I believe this to be the case as well.

"Incarnation is something none of us can understand." An understatement, to say the least!

"Of course He is not Man from eternity: He took on a body (Hebrews 10:5)"

Yes. And it was, in the counsel of the Godhead, necessary that the Son of God permanently take on a human body.

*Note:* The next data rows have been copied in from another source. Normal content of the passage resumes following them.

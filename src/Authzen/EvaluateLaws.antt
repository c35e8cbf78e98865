-- ===== src/Authzen/EvaluateLaws.antt =====
-- authzen_evaluate: a decision is reported exactly when the decision point gave it.
use mcp_opa.Base.{
  ◌≡◌, ◌↔◌, inl, inr, refl, ap, sym, ◌∙◌, Bool, true, [], Option, some, Bytes, arith, ok, map_err,
  Result-cases, Option-cases,
}
use mcp_opa.Json.{Encode}
use mcp_opa.Config.Load.{Config}
use mcp_opa.Args.Read.{Request}
use mcp_opa.Pdp.Wire.{EvaluationRequest, EvaluationResponse, evaluation_members}
use mcp_opa.Pdp.Url.{UrlPackage, resolve_endpoint}
use mcp_opa.Pdp.Exchange.{
  done, attempt, relabel, Network, answer, requests, answer->>=-eq-ok, answer->>=_of_ok,
  answer-attempt, answer-relabel-eq-ok, answer-relabel, attempt->>=_of_ok,
}
use mcp_opa.Pdp.Client.{post_json, post_request, new_request_id}
use mcp_opa.Pdp.Reply.{Obtains}
use mcp_opa.Pdp.Calls.{post_json_sound, post_json_complete}
use mcp_opa.Authzen.Codec.{encode_evaluate, Codec, EvaluateOutput}
use mcp_opa.Authzen.Entities.{read_evaluation_args}
use mcp_opa.Authzen.Handlers.{
  pdp, bad_request, Structured, structured_result, url_step, evaluate_output, report_evaluation,
  authzen_evaluate,
}

module _ {A : Type 0} (encode : Encode A) (net : Network) where
  pub structured_result_sound :
      (v : A) {out : Structured A}
      → answer net (structured_result encode v) ≡ ok out
      → (out.value ≡ v) × (encode v ≡ ok out.text)
  unfolding structured_result answer
  structured_result_sound v {out} h = elim (Result-cases (encode v)) [
    | inl (e, bad) ↦ absurd (ground (arith, bad))
    | inr (text, good) ↦ (ground (arith, good), ground (arith, good))
  ]

  pub structured_result_complete :
      (v : A) (text : Bytes)
      → encode v ≡ ok text
      → structured_result encode v ≡ done (record { value = v; text = text })
  unfolding structured_result
  structured_result_complete v text h = rw (h, structured_result)

  pub requests-structured_result : (v : A) → requests net (structured_result encode v) ≡ []
  unfolding structured_result requests
  requests-structured_result v = ground arith

-- The decision of an answered call: the endpoint is accepted, the arguments are complete, and the
-- reply of the decision point to the one request holds the decision and the context.
pub record IsDecided (urls : UrlPackage) (codec : Codec) (cfg : Config) (entropy : Option Bytes)
    (req : Request) (net : Network) (out : Structured EvaluateOutput) : Type 0 where
  pub endpoint : Bytes
  pub resolved : resolve_endpoint urls cfg.pdp_url (req.get_string "pdp_url" []) ≡ ok endpoint
  pub body : EvaluationRequest
  pub reads : read_evaluation_args codec req cfg true ≡ ok body
  pub encoded : Bytes
  pub encodes : codec.encode (evaluation_members body) ≡ ok encoded
  pub decoded : EvaluationResponse
  pub obtains :
      Obtains urls codec.response net cfg.pdp_max_bytes
        (post_request cfg (new_request_id entropy) endpoint encoded)
        decoded
  pub decides : decoded.decision ≡ some out.value.decision
  pub context_is : out.value.context ≡ decoded.context
  pub url_is : out.value.pdp_url ≡ endpoint
  pub id_is : out.value.request_id ≡ new_request_id entropy
  pub text_is : encode_evaluate codec out.value ≡ ok out.text

module _ (codec : Codec) (net : Network) (endpoint id : Bytes) (decoded : EvaluationResponse) where
  report_evaluation_decided :
      (d : Bool)
      → decoded.decision ≡ some d
      → report_evaluation codec endpoint (id, decoded)
        ≡ structured_result (encode_evaluate codec) (evaluate_output endpoint id d decoded.context)
  unfolding report_evaluation
  report_evaluation_decided d h = rw (h, report_evaluation)

  report_evaluation_sound :
      {out : Structured EvaluateOutput}
      → answer net (report_evaluation codec endpoint (id, decoded)) ≡ ok out
      → (d : Bool) × (decoded.decision ≡ some d)
        × (out.value ≡ evaluate_output endpoint id d decoded.context)
        × (encode_evaluate codec out.value ≡ ok out.text)
  report_evaluation_sound {out} h = elim (Option-cases decoded.decision) [
    | inl missing ↦ absurd (unfold report_evaluation answer in ground (arith, missing))
    | inr (d, found) ↦
        let v : EvaluateOutput = evaluate_output endpoint id d decoded.context in
        let (value, text) =
          structured_result_sound (encode_evaluate codec) net v {out = out}
            (ap (answer net) (sym (report_evaluation_decided d found)) ∙ h) in
        (d, found, value, ap (encode_evaluate codec) value ∙ text)
  ]

  pub requests-report_evaluation :
      requests net (report_evaluation codec endpoint (id, decoded)) ≡ []
  requests-report_evaluation = elim (Option-cases decoded.decision) [
    | inl missing ↦ unfold report_evaluation requests in ground (arith, missing)
    | inr (d, found) ↦
        ap (requests net) (report_evaluation_decided d found)
        ∙ requests-structured_result (encode_evaluate codec) net
            (evaluate_output endpoint id d decoded.context)
  ]

module _ (urls : UrlPackage) (codec : Codec) (cfg : Config) (entropy : Option Bytes) (req : Request)
    (net : Network) where
  evaluate_sound :
      (out : Structured EvaluateOutput)
      → answer net (authzen_evaluate urls codec cfg entropy req) ≡ ok out
      → IsDecided urls codec cfg entropy req net out
  unfolding authzen_evaluate
  evaluate_sound out h =
      let (endpoint, h0, h1) =
        answer->>=-eq-ok net
          (url_step (resolve_endpoint urls cfg.pdp_url (req.get_string "pdp_url" []))) _ h in
      let (body, h2, h3) =
        answer->>=-eq-ok net (attempt bad_request (read_evaluation_args codec req cfg true)) _ h1 in
      let (reply, h4, h5) =
        answer->>=-eq-ok net
          (relabel pdp (
            post_json urls codec.encode codec.response cfg entropy endpoint
              (evaluation_members body)))
          _ h3 in
      let (encoded, good, id, o) =
        post_json_sound urls codec.encode codec.response cfg entropy endpoint
          (evaluation_members body) net reply.0 reply.1
          (answer-relabel-eq-ok net pdp
            (post_json urls codec.encode codec.response cfg entropy endpoint
              (evaluation_members body))
            h4) in
      let (d, found, value, text) =
        report_evaluation_sound codec net endpoint reply.0 reply.1 {out = out} h5 in
      record {
        endpoint = endpoint;
        resolved =
            answer-attempt net _ (resolve_endpoint urls cfg.pdp_url (req.get_string "pdp_url" []))
              h0;
        body = body;
        reads = answer-attempt net bad_request (read_evaluation_args codec req cfg true) h2;
        encoded = encoded;
        encodes = good;
        decoded = reply.1;
        obtains = o;
        decides = found ∙ ap (λ (v : EvaluateOutput). some v.decision) (sym value);
        context_is = ap (λ (v : EvaluateOutput). v.context) value;
        url_is = ap (λ (v : EvaluateOutput). v.pdp_url) value;
        id_is = ap (λ (v : EvaluateOutput). v.request_id) value ∙ id;
        text_is = text;
      }

  evaluate_complete :
      (out : Structured EvaluateOutput)
      → IsDecided urls codec cfg entropy req net out
      → answer net (authzen_evaluate urls codec cfg entropy req) ≡ ok out
  unfolding authzen_evaluate
  evaluate_complete out d =
      let id = new_request_id entropy in
      let members = evaluation_members d.body in
      let value : evaluate_output d.endpoint id out.value.decision d.decoded.context ≡ out.value =
        ground (arith, d.context_is, d.url_is, d.id_is) in
      ap (answer net) (attempt->>=_of_ok _ _ d.resolved)
      ∙ ap (answer net) (attempt->>=_of_ok _ _ d.reads)
      ∙ answer->>=_of_ok net
          (relabel pdp (post_json urls codec.encode codec.response cfg entropy d.endpoint members))
          _ (id, d.decoded)
          (answer-relabel net pdp
              (post_json urls codec.encode codec.response cfg entropy d.endpoint members)
            ∙ ap (map_err pdp) (
                post_json_complete urls codec.encode codec.response cfg entropy d.endpoint members
                  net d.encoded d.decoded d.encodes d.obtains))
      ∙ ap (answer net)
          (report_evaluation_decided codec net d.endpoint id d.decoded out.value.decision d.decides)
      ∙ ap (λ v. answer net (structured_result (encode_evaluate codec) v)) value
      ∙ ap (answer net)
          (structured_result_complete (encode_evaluate codec) net out.value out.text d.text_is)
      ∙ unfold answer in refl

-- authzen_evaluate gives a result exactly when the endpoint is accepted, the arguments are
-- complete, and the reply to its one request is a 200 with a body that holds a decision; the result
-- is that decision, with the context of the reply, the endpoint and the request id.
pub authzen_evaluate_iff :
    (urls : UrlPackage) (codec : Codec) (cfg : Config) (entropy : Option Bytes) (req : Request)
    (net : Network) (out : Structured EvaluateOutput)
    → (answer net (authzen_evaluate urls codec cfg entropy req) ≡ ok out)
      ↔ IsDecided urls codec cfg entropy req net out
authzen_evaluate_iff urls codec cfg entropy req net out = (
  evaluate_sound urls codec cfg entropy req net out,
  evaluate_complete urls codec cfg entropy req net out,
)
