-- ===== src/Authzen/BatchLaws.antt =====
-- authzen_evaluate_batch: the decisions that are reported are the decision point's, at their places.
use mcp_opa.Base.{
  ℕ, ◌≡◌, ◌≤◌, inl, inr, ap, sym, ◌∙◌, subst, Bool, true, false, not, List, [], Option, some, Bytes,
  arith, ok, refuse_if, Result-cases, Option-cases, Bool-cases, length, ltb, ltb→le, equal, any,
  Option-cases,
}
use mcp_opa.Json.{RawMessage}
use mcp_opa.Config.Load.{Config}
use mcp_opa.Args.Read.{Request}
use mcp_opa.Pdp.Wire.{
  EvaluationRequest, EvaluationResponse, EvaluationsResponse, evaluations_members,
  semantic_execute_all,
}
use mcp_opa.Pdp.Url.{UrlPackage}
use mcp_opa.Pdp.Exchange.{
  attempt, relabel, Network, answer, answer->>=-eq-ok, answer-attempt, answer-relabel-eq-ok,
}
use mcp_opa.Pdp.Client.{post_json, post_request, new_request_id}
use mcp_opa.Pdp.Reply.{Obtains}
use mcp_opa.Pdp.Calls.{post_json_sound}
use mcp_opa.Authzen.Codec.{encode_batch, Codec, BatchDecision, BatchOutput}
use mcp_opa.Authzen.Entities.{read_evaluation_args}
use mcp_opa.Authzen.Entries.{read_evaluation_entries}
use mcp_opa.Authzen.EntryLaws.{ReadsEntries, read_evaluation_entries_iff}
use mcp_opa.Authzen.Handlers.{
  pdp, bad_request, bad_semantic, Structured, structured_result, url_step, batch_endpoint,
  batch_body, semantics, number_decisions, report_batch, authzen_evaluate_batch,
}
use mcp_opa.Authzen.EvaluateLaws.{structured_result_sound}
use mcp_opa.Authzen.Numbering.{Numbered, number_decisions-Numbered}

-- What is reported of a response to a batch.
pub record ReportsBatch (codec : Codec) (endpoint : Bytes) (sent : ℕ) (semantic id : Bytes)
    (es : List EvaluationResponse) (out : Structured BatchOutput) : Type 0 where
  pub not_more : length es ≤ sent
  pub numbered : Numbered 0 es out.value.decisions
  pub truncated_is : out.value.truncated ≡ ltb (length out.value.decisions) sent
  pub semantic_is : out.value.semantic ≡ semantic
  pub url_is : out.value.pdp_url ≡ endpoint
  pub id_is : out.value.request_id ≡ id
  pub text_is : encode_batch codec out.value ≡ ok out.text

module _ (codec : Codec) (net : Network) (endpoint : Bytes) (sent : ℕ) (semantic id : Bytes) where
  abbrev pub batch_output : List BatchDecision → BatchOutput
  batch_output ds = record {
    decisions = ds;
    semantic = semantic;
    truncated = ltb (length ds) sent;
    pdp_url = endpoint;
    request_id = id;
  }

  pub report_batch_numbered :
      (decoded : EvaluationsResponse) (es : List EvaluationResponse) (ds : List BatchDecision)
      → decoded.evaluations ≡ some es
      → ltb sent (length es) ≡ false
      → number_decisions 0 es ≡ ok ds
      → report_batch codec endpoint sent semantic (id, decoded)
        ≡ structured_result (encode_batch codec) (batch_output ds)
  unfolding report_batch
  report_batch_numbered decoded es ds h fits n = ground (arith, h, fits, n)

  report_batch_sound :
      (decoded : EvaluationsResponse) {out : Structured BatchOutput}
      → answer net (report_batch codec endpoint sent semantic (id, decoded)) ≡ ok out
      → (es : List EvaluationResponse) × (decoded.evaluations ≡ some es)
        × ReportsBatch codec endpoint sent semantic id es out
  report_batch_sound decoded {out} h = elim (Option-cases decoded.evaluations) [
    | inl missing ↦ absurd (unfold report_batch answer in ground (arith, missing))
    | inr (es, found) ↦ elim (Bool-cases (ltb sent (length es))) [
      | inl more ↦ absurd (unfold report_batch answer in ground (arith, found, more))
      | inr fits ↦ elim (Result-cases (number_decisions 0 es)) [
        | inl (i, bad) ↦ absurd (unfold report_batch answer in ground (arith, found, fits, bad))
        | inr (ds, good) ↦
            let (value, text) =
              structured_result_sound (encode_batch codec) net (batch_output ds) {out = out}
                (ap (answer net) (sym (report_batch_numbered decoded es ds found fits good)) ∙ h) in
            (
              es,
              found,
              record {
                not_more = ltb→le sent (length es) fits;
                numbered =
                    subst (λ (v : BatchOutput). Numbered 0 es v.decisions) (sym value)
                      (number_decisions-Numbered 0 es ds good);
                truncated_is =
                    ap (λ (v : BatchOutput). v.truncated) value
                    ∙ ap (λ (v : BatchOutput). ltb (length v.decisions) sent) (sym value);
                semantic_is = ap (λ (v : BatchOutput). v.semantic) value;
                url_is = ap (λ (v : BatchOutput). v.pdp_url) value;
                id_is = ap (λ (v : BatchOutput). v.request_id) value;
                text_is = ap (encode_batch codec) value ∙ text;
              },
            )
      ]
    ]
  ]

-- The semantic that the arguments ask for.
abbrev pub asked_semantic : Request → Bytes
asked_semantic req = req.get_string "evaluations_semantic" semantic_execute_all

-- A batch that is answered.
pub record IsBatchDecided (urls : UrlPackage) (codec : Codec) (cfg : Config)
    (entropy : Option Bytes) (req : Request) (net : Network) (out : Structured BatchOutput)
    : Type 0 where
  pub endpoint : Bytes
  pub resolved : batch_endpoint urls cfg.pdp_url (req.get_string "pdp_url" []) ≡ ok endpoint
  pub defaults : EvaluationRequest
  pub reads : read_evaluation_args codec req cfg false ≡ ok defaults
  pub entries : List RawMessage
  pub reads_entries : ReadsEntries codec req cfg defaults entries
  pub known_semantic : any (equal (asked_semantic req)) semantics ≡ true
  pub encoded : Bytes
  pub encodes :
      codec.encode (evaluations_members (batch_body defaults entries (asked_semantic req)))
      ≡ ok encoded
  pub decoded : EvaluationsResponse
  pub obtains :
      Obtains urls codec.responses net cfg.pdp_max_bytes
        (post_request cfg (new_request_id entropy) endpoint encoded)
        decoded
  pub responses : List EvaluationResponse
  pub answers : decoded.evaluations ≡ some responses
  pub reports :
      ReportsBatch codec endpoint
        (length entries)
        (asked_semantic req)
        (new_request_id entropy)
        responses
        out

refuse_sound : (b : Bool) (s : Bytes) {u : Unit {0}} → refuse_if (not b) s ≡ ok u → b ≡ true
refuse_sound b s h = ground arith

module _ (urls : UrlPackage) (codec : Codec) (cfg : Config) (entropy : Option Bytes) (req : Request)
    (net : Network) where
  -- A batch is reported only if the endpoint is accepted, the defaults and the entries can be
  -- evaluated, the semantic is one of the three, and the reply to the one request is a 200 whose
  -- body holds at most as many decisions as there are entries; each is then reported at its place.
  pub authzen_evaluate_batch-IsBatchDecided :
      (out : Structured BatchOutput)
      → answer net (authzen_evaluate_batch urls codec cfg entropy req) ≡ ok out
      → IsBatchDecided urls codec cfg entropy req net out
  unfolding authzen_evaluate_batch
  authzen_evaluate_batch-IsBatchDecided out h =
      let semantic = req.get_string "evaluations_semantic" semantic_execute_all in
      let (endpoint, h0, h1) =
        answer->>=-eq-ok net
          (url_step (batch_endpoint urls cfg.pdp_url (req.get_string "pdp_url" []))) _ h in
      let (defaults, h2, h3) =
        answer->>=-eq-ok net (attempt bad_request (read_evaluation_args codec req cfg false)) _
          h1 in
      let (entries, h4, h5) =
        answer->>=-eq-ok net (attempt bad_request (read_evaluation_entries codec req cfg defaults))
          _ h3 in
      let (u, h6, h7) =
        answer->>=-eq-ok net
          (attempt bad_semantic (refuse_if (not (any (equal semantic) semantics)) semantic)) _ h5 in
      let members = evaluations_members (batch_body defaults entries semantic) in
      let (reply, h8, h9) =
        answer->>=-eq-ok net
          (relabel pdp (post_json urls codec.encode codec.responses cfg entropy endpoint members)) _
          h7 in
      let (encoded, good, id, o) =
        post_json_sound urls codec.encode codec.responses cfg entropy endpoint members net reply.0
          reply.1
          (answer-relabel-eq-ok net pdp
            (post_json urls codec.encode codec.responses cfg entropy endpoint members) h8) in
      let (es, found, reports) =
        report_batch_sound codec net endpoint (length entries) semantic reply.0 reply.1 {out = out}
          h9 in
      record {
        endpoint = endpoint;
        resolved =
            answer-attempt net _ (batch_endpoint urls cfg.pdp_url (req.get_string "pdp_url" [])) h0;
        defaults = defaults;
        reads = answer-attempt net bad_request (read_evaluation_args codec req cfg false) h2;
        entries = entries;
        reads_entries =
            (read_evaluation_entries_iff codec req cfg defaults entries).0
              (answer-attempt net bad_request (read_evaluation_entries codec req cfg defaults) h4);
        known_semantic = refuse_sound (any (equal semantic) semantics) semantic (
            answer-attempt net bad_semantic
              (refuse_if (not (any (equal semantic) semantics)) semantic) h6);
        encoded = encoded;
        encodes = good;
        decoded = reply.1;
        obtains = o;
        responses = es;
        answers = found;
        reports =
            subst (λ i. ReportsBatch codec endpoint (length entries) semantic i es out) id reports;
      }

As stated, He ascended to heaven in that body, but His flesh is now, of course, glorified human flesh (as ours will be!).

Taking on a human body was, in fact, required to accomplish our redemption --

"Wherefore, my brethren, ye are also become dead to the law by the body of Christ; that ye should be married to another, even to Him who is raised from the dead, that we should bring forth fruit unto God." (Romans 7:4)

"And you, that were sometime alienated and enemies in your mind by wicked works, yet now hath He reconciled in the body of His flesh through death, to present you holy and unblameable and unreprovable in His sight..." (Colossians 1:21-22)

-- to cite just two references.

The first Adam was formed by God of the dust of the ground, and the breath of life was breathed into his nostrils. The human body of the second Adam came by being born from the womb of a virgin. Jesus took his human flesh from Mary. His body carries her DNA. The fullness of the Godhead came of course, via the Holy Spirit who impregnated her. These are, of course, just words talking about the most profound of all mysteries. At any rate, it is no wonder that Mary said, "...from henceforth all generations shall call me blessed. For He that is mighty hath done to me great things; and holy is His name." (Luke 2:48b-49)
Regardless of what we Protestants think about it!